What is required —
From the entries below, copy every line that has the word "Returns".
[Start of Attachment]
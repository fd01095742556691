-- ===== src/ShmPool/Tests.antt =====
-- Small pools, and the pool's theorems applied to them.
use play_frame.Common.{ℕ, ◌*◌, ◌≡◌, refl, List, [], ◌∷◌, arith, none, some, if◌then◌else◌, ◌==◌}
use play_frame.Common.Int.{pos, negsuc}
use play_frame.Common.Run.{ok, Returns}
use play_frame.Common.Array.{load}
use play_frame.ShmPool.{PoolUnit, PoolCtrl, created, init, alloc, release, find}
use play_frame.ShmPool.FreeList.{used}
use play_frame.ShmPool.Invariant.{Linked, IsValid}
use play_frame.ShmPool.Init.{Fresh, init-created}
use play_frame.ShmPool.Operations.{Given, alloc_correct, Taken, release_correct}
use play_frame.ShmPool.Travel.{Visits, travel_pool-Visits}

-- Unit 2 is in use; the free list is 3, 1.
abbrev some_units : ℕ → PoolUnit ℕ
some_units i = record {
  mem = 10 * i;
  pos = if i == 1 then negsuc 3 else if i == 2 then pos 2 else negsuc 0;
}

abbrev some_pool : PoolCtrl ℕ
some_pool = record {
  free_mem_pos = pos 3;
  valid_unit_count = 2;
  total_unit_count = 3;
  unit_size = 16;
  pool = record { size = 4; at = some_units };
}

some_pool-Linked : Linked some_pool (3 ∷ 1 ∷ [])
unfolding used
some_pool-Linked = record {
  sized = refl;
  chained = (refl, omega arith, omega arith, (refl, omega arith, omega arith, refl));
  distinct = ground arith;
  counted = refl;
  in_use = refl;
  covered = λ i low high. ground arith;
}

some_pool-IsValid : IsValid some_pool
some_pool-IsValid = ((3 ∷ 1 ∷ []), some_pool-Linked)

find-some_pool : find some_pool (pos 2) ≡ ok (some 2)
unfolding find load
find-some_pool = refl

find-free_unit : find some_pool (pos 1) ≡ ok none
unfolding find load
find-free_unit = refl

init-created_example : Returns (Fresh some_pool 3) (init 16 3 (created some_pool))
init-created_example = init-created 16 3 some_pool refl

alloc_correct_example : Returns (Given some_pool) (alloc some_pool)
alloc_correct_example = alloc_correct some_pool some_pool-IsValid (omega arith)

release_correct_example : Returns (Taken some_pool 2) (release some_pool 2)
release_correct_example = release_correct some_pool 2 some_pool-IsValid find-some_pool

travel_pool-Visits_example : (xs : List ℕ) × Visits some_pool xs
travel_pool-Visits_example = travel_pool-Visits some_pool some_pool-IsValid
[End of Attachment]
Response area —
use play_frame.Common.Run.{ok, Returns}
init-created_example : Returns (Fresh some_pool 3) (init 16 3 (created some_pool))
alloc_correct_example : Returns (Given some_pool) (alloc some_pool)
release_correct_example : Returns (Taken some_pool 2) (release some_pool 2)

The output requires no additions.